Question 7.13: RK4 METHOD FOR SYSTEMS Reconsider Example 7.11. Using RK4 me...
RK4 METHOD FOR SYSTEMS
Reconsider Example 7.11. Using RK4 method for systems, with h = 0.1, find an estimate for y_1 = y(0.1).
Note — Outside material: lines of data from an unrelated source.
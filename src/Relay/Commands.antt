-- ===== src/Relay/Commands.antt =====
-- The bot's commands of internal/relay/commands.go. `now` is the server's clock, and `wall` the reading
-- that the store takes of its own.
pub mod Chats
use nomctl.Prelude.{
  ℕ, ◌+◌, ◌*◌, Bool, true, false, not, ◌||◌, Option, none, some, List, [], ◌∷◌, ◌++◌, map, Text,
  bytes, text_eq, nat_eq, int_eq, ◌==◌, ℤ, pos, Result, ok, err, starts_with, if◌then◌else◌, ◌-◌,
  ◌%◌, ◌^◌, ltb,
}
use nomctl.Time.{Time, Duration, minute, hour}
use nomctl.AlertProto.{alerts, lookup}
use nomctl.Relay.Store.{StoreError, too_many_codes, Node, StoreOps}
use nomctl.Metrics.{Floats}
use nomctl.Relay.Card.{node_card}
use nomctl.Relay.Markdown.{escape, code}
use nomctl.Relay.Server.{Env, SendError, Server, send, clear_blocked}
use nomctl.Relay.Http.Names.{new_code}

-- A message of a chat.
pub record Update : Type 0 where
  pub chat_id : ℤ
  pub text : Text

-- What the commands take from the standard library, float64 and the
-- server's public address: none where it has no host. `parse_duration` and `atoi` give none for
-- what is not positive, where the source refuses it. A number of days is multiplied in 64 bits.
pub record Lang : Type 0 where
  pub fields : Text → List Text
  pub to_lower : Text → Text
  pub equal_fold : Text → Text → Bool
  pub quote : Text → Text
  pub atoi : Text → Option ℕ
  pub parse_duration : Text → Option Duration
  pub floats : Floats
  pub public_url : Text
  pub url_host : Text → Option Text

-- `t.Add(d)` for a duration as its 64 bits, of which the upper half is negative.
unfoldable pub add : Time → Duration → Time
add t d = if ltb d (2 ^ 63) then t + d else t - (2 ^ 64 - d)

-- A command's reply, or its error.
abbrev pub Reply : Type 0 → Type 0
Reply S = Result StoreError Text × Server S

abbrev pub code_ttl : Duration
code_ttl = 10 * minute

abbrev pub day : Duration
day = 24 * hour

abbrev help_text : Text
help_text =
    bytes "*nomctl alerts bot*"
    ++ 10 ∷ 10 ∷ bytes "/start \\- get a pairing code for a new node"
    ++ 10 ∷ bytes "/nodes \\- list your paired nodes"
    ++ 10
      ∷ bytes "/mute NAME ALERT \\[DURATION\\] \\- silence an alert \\(or \"all\"\\), default 24h"
    ++ 10 ∷ bytes "/unmute NAME ALERT \\- resume an alert \\(or \"all\"\\)"
    ++ 10 ∷ bytes "/unpair NAME \\- forget a node"
    ++ 10 ∷ bytes "/help \\- this text"
    ++ 10 ∷ 10 ∷ bytes "Pair a node with: `sudo nomctl alerts setup`"

unfoldable pub privacy_notice : Text → Text
privacy_notice relay_host =
    bytes "Privacy notice: once paired, your node sends a heartbeat to "
    ++ relay_host
    ++ bytes
        " every 30 seconds and forwards alerts through it. The relay operator can see your node's public IP address, host name, node name and status summary. The IP address is used only to rate-limit pairing and is not stored in the relay database, but it is visible to the relay and may appear in the logs of the proxy in front of it. If your pillar's IP address must stay private, run your own relay (see the docs) or do not pair."

-- `cmd[:i]` for the first '@' at `i > 0`.
unfoldable pub before_at : Text → Text
before_at [] = []
before_at (c ∷ s) = let rest = before_at s in if c == b'@' then [] else c ∷ rest

unfoldable pub strip_bot : Text → Text
strip_bot cmd = if before_at cmd == [] then cmd else before_at cmd

-- The text without a last "d", if it has one.
unfoldable pub trim_d : Text → Option Text
trim_d [] = none
trim_d (c ∷ []) = if c == b'd' then some [] else none
trim_d (c ∷ d ∷ s) = elim (trim_d (d ∷ s)) [ none ↦ none | some t ↦ some (c ∷ t) ]

unfoldable pub valid_mute_alert : Text → Bool
valid_mute_alert name = name == bytes "all" || (elim (lookup name) [ none ↦ false | some _ ↦ true ])

unfoldable pub join_with : Text → List Text → Text
join_with sep [] = []
join_with sep (t ∷ []) = t
join_with sep (t ∷ u ∷ ts) = t ++ sep ++ join_with sep (u ∷ ts)

unfoldable pub alert_names : List Text
alert_names = map (λ a. a.name) alerts

module _ (lang : Lang) where
  unfoldable pub relay_host : Text
  relay_host = elim (lang.url_host lang.public_url) [ none ↦ bytes "the relay" | some h ↦ h ]

  unfoldable pub parse_mute_duration : Text → Option Duration
  parse_mute_duration s = elim (trim_d s) [
    | some number ↦ elim (lang.atoi number) [ none ↦ none | some n ↦ some (n * day % 2 ^ 64) ]
    | none ↦ lang.parse_duration s
  ]

  unfoldable pub find_named : Text → List Node → Option Node
  find_named name [] = none
  find_named name (n ∷ ns) =
      let rest = find_named name ns in if lang.equal_fold n.name name then some n else rest

  unfoldable pub no_node : Text → Text
  no_node name =
      escape (bytes "No node named " ++ lang.quote name ++ bytes " in this chat. See /nodes.")

  unfoldable pub unknown_alert_text : Text → Text
  unknown_alert_text alert = escape (
      bytes "Unknown alert "
      ++ lang.quote alert
      ++ bytes ". Use one of: "
      ++ join_with (bytes ", ") alert_names
      ++ bytes ", or all.")

  module _ {S : Type 0} (ops : StoreOps S) (env : Env) where
    -- What a command does with the node that was looked for.
    unfoldable pub on_node : Text → Server S → (Node → Reply S) → Option Node → Reply S
    on_node name s run none = (ok (no_node name), s)
    on_node name s run (some n) = run n

    -- `findNode`, and what follows it.
    unfoldable pub on_nodes :
        Text → Server S → (Node → Reply S) → Result StoreError (List Node) → Reply S
    on_nodes name s run (err e) = (err e, s)
    on_nodes name s run (ok nodes) = on_node name s run (find_named name nodes)

    unfoldable pub with_node : ℤ → Text → Server S → (Node → Reply S) → Reply S
    with_node chat name s run = on_nodes name s run (ops.list_nodes chat s.store)

    unfoldable pub start_text : Text → Text
    start_text pairing_code =
        escape (privacy_notice relay_host)
        ++ 10 ∷ 10 ∷ bytes "Your pairing code is "
        ++ code pairing_code
        ++ bytes " \\(valid 10 minutes\\)\\."
        ++ 10 ∷ 10 ∷ bytes "On the node run:"
        ++ 10 ∷ code (bytes "sudo nomctl alerts setup --code " ++ pairing_code)
        ++ 10 ∷ 10 ∷ bytes "and enter the code when asked\\."
        ++ (if lang.public_url == []
            then []
            else 10 ∷ 10 ∷ bytes "Relay: " ++ escape lang.public_url)

    -- What `/start` replies, after the store's answer.
    unfoldable pub start_reply : Text → Result StoreError (Unit {0}) → Result StoreError Text
    start_reply pairing_code (ok _) = ok (start_text pairing_code)
    start_reply pairing_code (err too_many_codes) = ok (
        escape (
          bytes
            "You already have several unused pairing codes. Use one of them, or wait 10 minutes."))
    start_reply pairing_code (err e) = err e

    unfoldable pub cmd_start : Time → Time → Text → ℤ → Server S → Reply S
    cmd_start wall now random chat s =
        let pairing_code = new_code random in
        let (r, store) = ops.create_code wall chat pairing_code (now + code_ttl) s.store in
        (start_reply pairing_code r, record s { store = store })

    unfoldable pub nodes_text : Time → List Node → Text
    nodes_text now [] =
        escape (bytes "No nodes paired with this chat yet. Send /start to get a pairing code.")
    nodes_text now (n ∷ ns) =
        join_with (10 ∷ 10 ∷ []) (map (λ m. node_card lang.floats m now) (n ∷ ns))

    unfoldable pub cmd_nodes : Time → ℤ → Server S → Reply S
    cmd_nodes now chat s = elim (ops.list_nodes chat s.store) [
      | err e ↦ (err e, s)
      | ok nodes ↦ (ok (nodes_text now nodes), s)
    ]

    abbrev stored : Text → Result StoreError (Unit {0}) × S → Server S → Reply S
    stored text (ok _, store) s = (ok text, record s { store = store })
    stored text (err e, store) s = (err e, record s { store = store })

    -- The duration of a mute: a day, if none is given.
    unfoldable pub mute_duration : List Text → Option Duration
    mute_duration [] = some day
    mute_duration (t ∷ _) = parse_mute_duration t

    unfoldable pub mute_node : Time → Text → List Text → Node → Server S → Reply S
    mute_node now arg rest node s =
        let alert = lang.to_lower arg in
        if not (valid_mute_alert alert)
        then (ok (unknown_alert_text arg), s)
        else (elim (mute_duration rest) [
          | none ↦ (ok (escape (bytes "Duration must look like 30m, 2h, 1d.")), s)
          | some d ↦
              stored
                (escape (
                  bytes "Muted "
                  ++ alert
                  ++ bytes " on "
                  ++ node.name
                  ++ bytes " for "
                  ++ env.format_duration d
                  ++ bytes "."))
                (ops.set_mute (record { node_id = node.id; alert = alert; until = add now d })
                  s.store)
                s
        ])

    unfoldable pub cmd_mute : Time → ℤ → List Text → Server S → Reply S
    cmd_mute now chat (name ∷ arg ∷ rest) s =
        with_node chat name s (λ n. mute_node now arg rest n s)
    cmd_mute now chat _ s = (
      ok (escape (bytes "Usage: /mute NAME ALERT [DURATION], e.g. /mute pillar-1 disk_low 2d")),
      s,
    )

    unfoldable pub unmute_node : Text → Node → Server S → Reply S
    unmute_node arg node s =
        let alert = lang.to_lower arg in
        if not (valid_mute_alert alert)
        then (ok (unknown_alert_text arg), s)
        else stored (escape (bytes "Unmuted " ++ alert ++ bytes " on " ++ node.name ++ bytes "."))
            (ops.clear_mute node.id alert s.store) s

    unfoldable pub cmd_unmute : ℤ → List Text → Server S → Reply S
    cmd_unmute chat (name ∷ arg ∷ rest) s = with_node chat name s (λ n. unmute_node arg n s)
    cmd_unmute chat _ s = (ok (escape (bytes "Usage: /unmute NAME ALERT")), s)

    unfoldable pub unpair_node : Node → Server S → Reply S
    unpair_node node s =
        stored
          (escape (
            bytes "Unpaired "
            ++ node.name
            ++ bytes
                ". Its alerts daemon will stop reporting; run `sudo nomctl alerts setup` on the node to pair again."))
          (ops.delete_node node.id s.store) s

    unfoldable pub cmd_unpair : ℤ → List Text → Server S → Reply S
    cmd_unpair chat (name ∷ rest) s = with_node chat name s (λ n. unpair_node n s)
    cmd_unpair chat [] s = (ok (escape (bytes "Usage: /unpair NAME")), s)

    -- The `switch` over the command.
    unfoldable pub run_command : Time → Time → Text → ℤ → Text → List Text → Server S → Reply S
    run_command wall now random chat cmd args s =
        if cmd == bytes "/start"
        then cmd_start wall now random chat s
        else if cmd == bytes "/nodes"
        then cmd_nodes now chat s
        else if cmd == bytes "/mute"
        then cmd_mute now chat args s
        else if cmd == bytes "/unmute"
        then cmd_unmute chat args s
        else if cmd == bytes "/unpair"
        then cmd_unpair chat args s
        else (ok help_text, s)

    unfoldable pub reply_text : Result StoreError Text → Text
    reply_text (ok t) = t
    reply_text (err _) = escape (bytes "Something went wrong; please try again.")

    -- A text that begins with a slash has a first field.
    unfoldable pub run_fields : Time → Time → Text → ℤ → List Text → Server S → Reply S
    run_fields wall now random chat [] s = (ok help_text, s)
    run_fields wall now random chat (cmd ∷ args) s =
        run_command wall now random chat (strip_bot (lang.to_lower cmd)) args s

    unfoldable pub handle_update :
        Time → Time → Text → Update → Server S → Option SendError × Server S
    handle_update wall now random u s =
        if u.chat_id == pos 0 || not (starts_with (bytes "/") u.text)
        then (none, s)
        else let s1 = clear_blocked ops env u.chat_id s in
          let (r, s2) = run_fields wall now random u.chat_id (lang.fields u.text) s1 in
          send env u.chat_id (reply_text r) s2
Confirm by executing the user-defined function RK4System.
Recall
\textbf{u}^{′}=\textbf{f}(x,\textbf{u}), \textbf{u}=\left\{\begin{matrix} u_1 \\ u_2 \\ u_3 \end{matrix} \right\}= \left\{\begin{matrix} y \\ y^{′} \\ y^{′′} \end{matrix} \right\} , \textbf{f}(x,\textbf{u})=\left\{\begin{matrix} u_2 \\ u_3 \\ \frac{1}{3}\left[u_3+5u_2+3u_1+e^{-x/2} \right] \end{matrix} \right\},\textbf{u}_0=\left\{\begin{matrix} u_1(0) \\ u_2(0) \\ u_3(0)\end{matrix} \right\} =\left\{\begin{matrix} 0 \\ -1 \\ 1 \end{matrix} \right\}
We first need to find \textbf{u}_1=\textbf{u}_0+\frac{1}{6}h(\textbf{k}_1+2\textbf{k}_2+2\textbf{k}_3+\textbf{k}_4)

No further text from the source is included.